- **Task objective**
Nothing should be left out: output all of the entries exactly.

(Collected data)
▼▼▼
-- ===== src/Memory/Replace.antt =====
-- The pages of an extent that `set_extent` gives a new use, case by case.
use xivix.Base.{
  ℕ, ◌+◌, ◌-◌, ◌*◌, ◌/◌, ◌≤◌, ◌<◌, ◌≡◌, if◌then◌else◌, ◌&&◌, leb, ltb, length, set, arith, ◌≢◌,
  Bool-cases, inl, inr, ◌∙◌, length-set,
}
use xivix.Memory.{Extent, PageAllocator, extent_at, set_extent_at, add_extent, shrink, split_start}
use xivix.Memory.Cover.{stop, cover, cover_sum, cover_sum-set, cover_sum-only, in_use, used_inside}
use xivix.Memory.Table.{Fits, IsExtent, Extents, Extents-set, Disjoint, empties, empties-set}
use xivix.Memory.Add.{
  fresh, add_extent-Added, Added-sum, Added-Extents, Added-length, Added-empties,
}

-- `new` at the addresses of the `l` pages at `b`, and `old` elsewhere.
abbrev pub over : ℕ → ℕ → ℕ → ℕ → ℕ → ℕ
over b l a new old = if leb b a && ltb a (b + l * 0x1000) then new else old

-- The extent `p` holds the `l` pages at `b`.
abbrev pub Holds : ℕ → ℕ → Extent → Type 0
Holds b l p = (p.flags ≢ 0) × (p.base ≤ b) × (b + l * 0x1000 ≤ stop p)

-- What `set_extent` does to a table.
pub record Placed (b l f : ℕ) (s s' : PageAllocator) : Type 0 where
  pub sum :
      (w : ℕ → ℕ) (a : ℕ)
      → w 0 ≡ 0
      → cover_sum w a s'.extents ≡ over b l a (w f) (cover_sum w a s.extents)
  pub all : Extents s'.extents
  pub size : length s'.extents ≡ length s.extents
  pub left : empties s.extents ≤ empties s'.extents + 2

module _ (b l f : ℕ) (p : Extent) (fits : Fits p) (new : Fits (fresh b l f)) (holds : Holds b l p)
    (w : ℕ → ℕ) (a : ℕ) where
  pub cover-inside :
      let m = (b - p.base) / 0x1000 in
      cover w a p
      ≡ cover w a (record p { length = m })
        + cover w a (fresh b l p.flags)
        + cover w a (fresh (b + l * 0x1000) (p.length - (l + m)) p.flags)
  unfolding cover
  cover-inside = ground (arith, fits, new, holds)

  pub cover-start :
      b ≡ p.base
      → cover w a p
        ≡ cover w a (fresh b l p.flags)
          + cover w a (record p { length = p.length - l; base = b + l * 0x1000 })
  unfolding cover
  cover-start start = ground (arith, fits, new, holds, start)

-- Where the table changes by the new use less the old one, the pages have the new use alone.
module _ (b l f : ℕ) (s s' : PageAllocator) (i : ℕ) (disjoint : Disjoint s.extents)
    (at : i < length s.extents) (holds : Holds b l (extent_at s i)) (w : ℕ → ℕ) (a : ℕ)
    (z : w 0 ≡ 0) where
  pub balance_sum :
      cover_sum w a s'.extents + cover w a (fresh b l (extent_at s i).flags)
        ≡ cover_sum w a s.extents + cover w a (fresh b l f)
      → cover_sum w a s'.extents ≡ over b l a (w f) (cover_sum w a s.extents)
  unfolding cover
  balance_sum balance = elim (Bool-cases (leb b a && ltb a (b + l * 0x1000))) [
    | inl here ↦
        let used : cover in_use a (extent_at s i) ≡ 1 = ground (arith, here, holds) in
        let only = cover_sum-only w a s.extents i z (disjoint a) at used in
        ground (arith, here, holds, balance, only)
    | inr there ↦ ground (arith, there, balance)
  ]

-- The cases of `set_extent` on an extent `i` that holds the pages.
module _ (b l f : ℕ) (s : PageAllocator) (i : ℕ) (all : Extents s.extents)
    (disjoint : Disjoint s.extents) (holds : Holds b l (extent_at s i))
    (new : IsExtent (fresh b l f)) (kind : f ≢ 0) where
  pub at : i < length s.extents
  at = used_inside s.extents i holds.0

  pub fits : Fits (extent_at s i)
  fits = (all i at).1 holds.0

  pub fresh-Fits : Fits (fresh b l f)
  fresh-Fits = new.1 kind

  -- The extent starts at the address, and is longer.
  unfoldable pub shrunk : Extent
  shrunk = record (extent_at s i) { length = (extent_at s i).length - l; base = b + l * 0x1000 }

  module _ (start : b ≡ (extent_at s i).base) (longer : l < (extent_at s i).length) where
    pub shrink_lem : shrink l (extent_at s i) ≡ shrunk
    unfolding shrink shrunk
    shrink_lem = ground (arith, fits, fresh-Fits, start, longer)

    pub shrunk-IsExtent : IsExtent shrunk
    unfolding shrunk
    shrunk-IsExtent = ground (arith, fits, fresh-Fits, start, longer, all i at, holds)

    pub shrunk_sum :
        (w : ℕ → ℕ) (a : ℕ)
        → cover_sum w a (set s.extents i shrunk) + cover w a (fresh b l (extent_at s i).flags)
          ≡ cover_sum w a s.extents
    unfolding shrunk
    shrunk_sum w a = omega (
      arith,
      cover_sum-set w a s.extents i shrunk at,
      cover-start b l f (extent_at s i) fits fresh-Fits holds w a start,
    )

    split_longer :
        0 < empties s.extents
        → Placed b l f s (add_extent b l f (set_extent_at i (shrink l (extent_at s i)) s))
    split_longer room =
        let s1 : PageAllocator = set_extent_at i shrunk s in
        let all1 : Extents s1.extents = Extents-set s.extents i shrunk all shrunk-IsExtent in
        let room1 : 0 < empties s1.extents =
          ground (arith, empties-set s.extents i shrunk at, holds) in
        let added = add_extent-Added b l f s1 all1 room1 new kind (ground (arith, fresh-Fits)) in
        rw shrink_lem (record {
          sum = λ w a z.
              balance_sum b l f s (add_extent b l f s1) i disjoint at holds w a z
                (omega (arith, Added-sum added w a z, shrunk_sum w a));
          all = Added-Extents added all1;
          size = Added-length added ∙ length-set s.extents i shrunk;
          left = ground (arith, Added-empties added, empties-set s.extents i shrunk at, holds);
        })

  -- The new use of the whole extent.
  consumed : Extent
  consumed = record (extent_at s i) { length = l; flags = f }

  module _ (start : b ≡ (extent_at s i).base) (whole : (extent_at s i).length ≤ l) where
    consumed-IsExtent : IsExtent consumed
    unfolding consumed
    consumed-IsExtent = ground (arith, new, kind, start)

    cover-consumed : (w : ℕ → ℕ) (a : ℕ) → cover w a consumed ≡ cover w a (fresh b l f)
    unfolding consumed cover
    cover-consumed w a = ground (arith, start)

    pub cover-whole :
        (w : ℕ → ℕ) (a : ℕ)
        → cover w a (extent_at s i) ≡ cover w a (fresh b l (extent_at s i).flags)
    unfolding cover
    cover-whole w a = ground (arith, start, whole, holds)

    split_whole : Placed b l f s (set_extent_at i consumed s)
    split_whole = record {
      sum = λ w a z. balance_sum b l f s (set_extent_at i consumed s) i disjoint at holds w a z (
          omega (
            arith,
            cover_sum-set w a s.extents i consumed at,
            cover-consumed w a,
            cover-whole w a,
          ));
      all = Extents-set s.extents i consumed all consumed-IsExtent;
      size = length-set s.extents i consumed;
      left = ground (arith, empties-set s.extents i consumed at, holds);
    }

  pub split_start-Placed :
      b ≡ (extent_at s i).base → 0 < empties s.extents → Placed b l f s (split_start b l f i s)
  unfolding split_start consumed
  split_start-Placed start room = elim (Bool-cases (ltb l (extent_at s i).length)) [
    | inl longer ↦ rw longer (split_longer start (ground arith) room)
    | inr whole ↦ rw whole (split_whole start (ground arith))
  ]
▲▲▲
- **Task answer**
-- ===== src/Memory/Replace.antt =====
-- The pages of an extent that `set_extent` gives a new use, case by case.
use xivix.Base.{
  ℕ, ◌+◌, ◌-◌, ◌*◌, ◌/◌, ◌≤◌, ◌<◌, ◌≡◌, if◌then◌else◌, ◌&&◌, leb, ltb, length, set, arith, ◌≢◌,
  Bool-cases, inl, inr, ◌∙◌, length-set,
}
use xivix.Memory.{Extent, PageAllocator, extent_at, set_extent_at, add_extent, shrink, split_start}
use xivix.Memory.Cover.{stop, cover, cover_sum, cover_sum-set, cover_sum-only, in_use, used_inside}
use xivix.Memory.Table.{Fits, IsExtent, Extents, Extents-set, Disjoint, empties, empties-set}
use xivix.Memory.Add.{
  fresh, add_extent-Added, Added-sum, Added-Extents, Added-length, Added-empties,
}

-- `new` at the addresses of the `l` pages at `b`, and `old` elsewhere.
abbrev pub over : ℕ → ℕ → ℕ → ℕ → ℕ → ℕ
over b l a new old = if leb b a && ltb a (b + l * 0x1000) then new else old

-- The extent `p` holds the `l` pages at `b`.
abbrev pub Holds : ℕ → ℕ → Extent → Type 0
Holds b l p = (p.flags ≢ 0) × (p.base ≤ b) × (b + l * 0x1000 ≤ stop p)

-- What `set_extent` does to a table.
pub record Placed (b l f : ℕ) (s s' : PageAllocator) : Type 0 where
  pub sum :
      (w : ℕ → ℕ) (a : ℕ)
      → w 0 ≡ 0
      → cover_sum w a s'.extents ≡ over b l a (w f) (cover_sum w a s.extents)
  pub all : Extents s'.extents
  pub size : length s'.extents ≡ length s.extents
  pub left : empties s.extents ≤ empties s'.extents + 2

module _ (b l f : ℕ) (p : Extent) (fits : Fits p) (new : Fits (fresh b l f)) (holds : Holds b l p)
    (w : ℕ → ℕ) (a : ℕ) where
  pub cover-inside :
      let m = (b - p.base) / 0x1000 in
      cover w a p
      ≡ cover w a (record p { length = m })
        + cover w a (fresh b l p.flags)
        + cover w a (fresh (b + l * 0x1000) (p.length - (l + m)) p.flags)
  unfolding cover
  cover-inside = ground (arith, fits, new, holds)

  pub cover-start :
      b ≡ p.base
      → cover w a p
        ≡ cover w a (fresh b l p.flags)
          + cover w a (record p { length = p.length - l; base = b + l * 0x1000 })
  unfolding cover
  cover-start start = ground (arith, fits, new, holds, start)

-- Where the table changes by the new use less the old one, the pages have the new use alone.
module _ (b l f : ℕ) (s s' : PageAllocator) (i : ℕ) (disjoint : Disjoint s.extents)
    (at : i < length s.extents) (holds : Holds b l (extent_at s i)) (w : ℕ → ℕ) (a : ℕ)
    (z : w 0 ≡ 0) where
  pub balance_sum :
      cover_sum w a s'.extents + cover w a (fresh b l (extent_at s i).flags)
        ≡ cover_sum w a s.extents + cover w a (fresh b l f)
      → cover_sum w a s'.extents ≡ over b l a (w f) (cover_sum w a s.extents)
  unfolding cover
  balance_sum balance = elim (Bool-cases (leb b a && ltb a (b + l * 0x1000))) [
    | inl here ↦
        let used : cover in_use a (extent_at s i) ≡ 1 = ground (arith, here, holds) in
        let only = cover_sum-only w a s.extents i z (disjoint a) at used in
        ground (arith, here, holds, balance, only)
    | inr there ↦ ground (arith, there, balance)
  ]

-- The cases of `set_extent` on an extent `i` that holds the pages.
module _ (b l f : ℕ) (s : PageAllocator) (i : ℕ) (all : Extents s.extents)
    (disjoint : Disjoint s.extents) (holds : Holds b l (extent_at s i))
    (new : IsExtent (fresh b l f)) (kind : f ≢ 0) where
  pub at : i < length s.extents
  at = used_inside s.extents i holds.0

  pub fits : Fits (extent_at s i)
  fits = (all i at).1 holds.0

  pub fresh-Fits : Fits (fresh b l f)
  fresh-Fits = new.1 kind

  -- The extent starts at the address, and is longer.
  unfoldable pub shrunk : Extent
  shrunk = record (extent_at s i) { length = (extent_at s i).length - l; base = b + l * 0x1000 }

  module _ (start : b ≡ (extent_at s i).base) (longer : l < (extent_at s i).length) where
    pub shrink_lem : shrink l (extent_at s i) ≡ shrunk
    unfolding shrink shrunk
    shrink_lem = ground (arith, fits, fresh-Fits, start, longer)

    pub shrunk-IsExtent : IsExtent shrunk
    unfolding shrunk
    shrunk-IsExtent = ground (arith, fits, fresh-Fits, start, longer, all i at, holds)

    pub shrunk_sum :
        (w : ℕ → ℕ) (a : ℕ)
        → cover_sum w a (set s.extents i shrunk) + cover w a (fresh b l (extent_at s i).flags)
          ≡ cover_sum w a s.extents
    unfolding shrunk
    shrunk_sum w a = omega (
      arith,
      cover_sum-set w a s.extents i shrunk at,
      cover-start b l f (extent_at s i) fits fresh-Fits holds w a start,
    )

    split_longer :
        0 < empties s.extents
        → Placed b l f s (add_extent b l f (set_extent_at i (shrink l (extent_at s i)) s))
    split_longer room =
        let s1 : PageAllocator = set_extent_at i shrunk s in
        let all1 : Extents s1.extents = Extents-set s.extents i shrunk all shrunk-IsExtent in
        let room1 : 0 < empties s1.extents =
          ground (arith, empties-set s.extents i shrunk at, holds) in
        let added = add_extent-Added b l f s1 all1 room1 new kind (ground (arith, fresh-Fits)) in
        rw shrink_lem (record {
          sum = λ w a z.
              balance_sum b l f s (add_extent b l f s1) i disjoint at holds w a z
                (omega (arith, Added-sum added w a z, shrunk_sum w a));
          all = Added-Extents added all1;
          size = Added-length added ∙ length-set s.extents i shrunk;
          left = ground (arith, Added-empties added, empties-set s.extents i shrunk at, holds);
        })

  -- The new use of the whole extent.
  consumed : Extent
  consumed = record (extent_at s i) { length = l; flags = f }

  module _ (start : b ≡ (extent_at s i).base) (whole : (extent_at s i).length ≤ l) where
    consumed-IsExtent : IsExtent consumed
    unfolding consumed
    consumed-IsExtent = ground (arith, new, kind, start)

    cover-consumed : (w : ℕ → ℕ) (a : ℕ) → cover w a consumed ≡ cover w a (fresh b l f)
    unfolding consumed cover
    cover-consumed w a = ground (arith, start)

    pub cover-whole :
        (w : ℕ → ℕ) (a : ℕ)
        → cover w a (extent_at s i) ≡ cover w a (fresh b l (extent_at s i).flags)
    unfolding cover
    cover-whole w a = ground (arith, start, whole, holds)

    split_whole : Placed b l f s (set_extent_at i consumed s)
    split_whole = record {
      sum = λ w a z. balance_sum b l f s (set_extent_at i consumed s) i disjoint at holds w a z (
          omega (
            arith,
            cover_sum-set w a s.extents i consumed at,
            cover-consumed w a,
            cover-whole w a,
          ));
      all = Extents-set s.extents i consumed all consumed-IsExtent;
      size = length-set s.extents i consumed;
      left = ground (arith, empties-set s.extents i consumed at, holds);
    }

  pub split_start-Placed :
      b ≡ (extent_at s i).base → 0 < empties s.extents → Placed b l f s (split_start b l f i s)
  unfolding split_start consumed
  split_start-Placed start room = elim (Bool-cases (ltb l (extent_at s i).length)) [
    | inl longer ↦ rw longer (split_longer start (ground arith) room)
    | inr whole ↦ rw whole (split_whole start (ground arith))
  ]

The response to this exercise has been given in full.